Solving word analogy problems by constructing linear algebra programmes
30th October 2018 : 16:30 - 17:30
Research Group: Subject Pedagogy
Speaker: Dr Ken Kahn, Department of Education
Location: Department of Education, Seminar Room E
Convener: Professor Gabriel Stylianides & Dr James Robson
Word embeddings (https://en.wikipedia.org/wiki/Word_embedding) is a way to place words in a very high dimensional space. With the ability to obtain a vector of numbers from a word one can compute nearby words, find the closest word to the average of words, and even discover word analogies.
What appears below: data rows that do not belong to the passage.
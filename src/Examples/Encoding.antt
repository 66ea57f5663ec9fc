-- ===== src/Examples/Encoding.antt =====
-- An encoding with the properties of IsCodec: each text after its length, each list after its length.
use docker_in_kubernetes.Prelude.{
  ℕ, zero, suc, ◌*◌, ◌/◌, ◌≡◌, ◌≢◌, refl, ap, none, some, Option, List, [], ◌∷◌, ◌++◌, Text, arith,
  length, take, drop,
}
use docker_in_kubernetes.Podspec.Codec.{Codec, IsCodec}
use docker_in_kubernetes.Podspec.Ports.{PortMapping}

infixl 5 ◌>>=◌
abbrev ◌>>=◌ {ℓ κ} : {A : Type ℓ} {B : Type κ} → Option A → (A → Option B) → Option B
none >>= f = none
some a >>= f = f a

take-length : (t r : Text) → take (length t) (t ++ r) ≡ t
take-length [] r = refl
take-length (c ∷ t) r = ap (λ l. c ∷ l) (take-length t r)

drop-length : (t r : Text) → drop (length t) (t ++ r) ≡ r
drop-length [] r = refl
drop-length (c ∷ t) r = drop-length t r

unfoldable pub put_text : Text → Text → Text
put_text t r = length t ∷ t ++ r

unfoldable pub get_text : Text → Option (Text × Text)
get_text [] = none
get_text (n ∷ s) = some (take n s, drop n s)

get_text-put_text : (t r : Text) → get_text (put_text t r) ≡ some (t, r)
unfolding get_text put_text
get_text-put_text t r = ground (arith, take-length t r, drop-length t r)

module _ {ℓ} {A : Type ℓ} (put : A → Text → Text) (get : Text → Option (A × Text)) where
  unfoldable pub put_all : List A → Text → Text
  put_all [] r = r
  put_all (a ∷ items) r = put a (put_all items r)

  unfoldable pub get_all : ℕ → Text → Option (List A × Text)
  get_all zero s = some ([], s)
  get_all (suc n) s = do first ← get s; rest ← get_all n first.1; some (first.0 ∷ rest.0, rest.1)

  unfoldable pub encode : List A → Text
  unfolding put_all
  encode items = length items ∷ put_all items []

  unfoldable pub decode : Text → Option (List A)
  unfolding get_all
  decode [] = none
  decode (n ∷ s) = do out ← get_all n s; some out.0

  module _ (inverse : (a : A) (r : Text) → get (put a r) ≡ some (a, r)) where
    get_all-put_all :
        (items : List A) (r : Text) → get_all (length items) (put_all items r) ≡ some (items, r)
    unfolding get_all put_all
    get_all-put_all [] r = refl
    get_all-put_all (a ∷ items) r =
        ground (arith, inverse a (put_all items r), get_all-put_all items r)

    decode-encode : (items : List A) → decode (encode items) ≡ some items
    unfolding decode encode
    decode-encode items = ground (arith, get_all-put_all items [])

    encode-ne : (items : List A) → encode items ≢ []
    unfolding encode
    encode-ne items e = ground arith

unfoldable pub put_mapping : PortMapping → Text → Text
unfolding put_text
put_mapping m r = put_text m.host_port (m.container_port ∷ put_text m.protocol r)

unfoldable pub get_mapping : Text → Option (PortMapping × Text)
unfolding get_text
get_mapping s = do
  host ← get_text s
  elim host.1 [
    | [] ↦ none
    | port ∷ r ↦ do
      proto ← get_text r
      some (record { host_port = host.0; container_port = port; protocol = proto.0 }, proto.1)
  ]

get_mapping-put_mapping : (m : PortMapping) (r : Text) → get_mapping (put_mapping m r) ≡ some (m, r)
unfolding get_mapping put_mapping
get_mapping-put_mapping m r = ground (
  arith,
  get_text-put_text m.host_port (m.container_port ∷ put_text m.protocol r),
  get_text-put_text m.protocol r,
)

unfoldable pub put_pair : Text × Text → Text → Text
unfolding put_text
put_pair e r = put_text e.0 (put_text e.1 r)

unfoldable pub get_pair : Text → Option ((Text × Text) × Text)
unfolding get_text
get_pair s = do k ← get_text s; v ← get_text k.1; some ((k.0, v.0), v.1)

get_pair-put_pair : (e : Text × Text) (r : Text) → get_pair (put_pair e r) ≡ some (e, r)
unfolding get_pair put_pair
get_pair-put_pair e r =
    ground (arith, get_text-put_text e.0 (put_text e.1 r), get_text-put_text e.1 r)

unfoldable pub parse_seconds : Text → Option ℕ
parse_seconds [] = none
parse_seconds (s ∷ r) = some (s * 1000000000)

abbrev pub plain : Codec
plain = record {
  marshal_ports = encode put_mapping get_mapping;
  unmarshal_ports = decode put_mapping get_mapping;
  marshal_env = encode put_text get_text;
  unmarshal_env = decode put_text get_text;
  marshal_labels = encode put_pair get_pair;
  unmarshal_labels = decode put_pair get_pair;
  format_time = λ t. t / 1000000000 ∷ [];
  format_time_nano = λ t. t ∷ [];
  parse_time = parse_seconds;
}

pub plain-IsCodec : IsCodec plain
unfolding parse_seconds
plain-IsCodec = record {
  ports = decode-encode put_mapping get_mapping get_mapping-put_mapping;
  ports_ne = encode-ne put_mapping get_mapping get_mapping-put_mapping;
  env = decode-encode put_text get_text get_text-put_text;
  env_ne = encode-ne put_text get_text get_text-put_text;
  labels = λ m. (m, decode-encode put_pair get_pair get_pair-put_pair m, λ k. refl);
  labels_ne = encode-ne put_pair get_pair get_pair-put_pair;
  time = λ t. refl;
  time_ne = λ t e. ground arith;
}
For example vec(‘man’)-vec(‘woman’)+vec(‘father’) should be very close to vec(‘mother’). And vec(‘fast’)-vec(‘faster’)+vec(‘slow’) should yield ‘slower’ as the closest word. Word embeddings have been used for question-answering systems, aiding in detecting the sentiment of text, detecting paraphrases, and translation between languages. Advanced mathematical topics occur naturally as one works with word embeddings. Examples include (1) generalising Euclidean distance to high dimensions and comparing it with cosine similarity, (2) using a rotation matrix to align word embeddings from different languages, and (3) ways of mapping high dimensional spaces to two or three dimensions for visualising relations between words. Demonstrations will include a word embedding programming library for school students and an application of sentence embedding to find the closest matching question.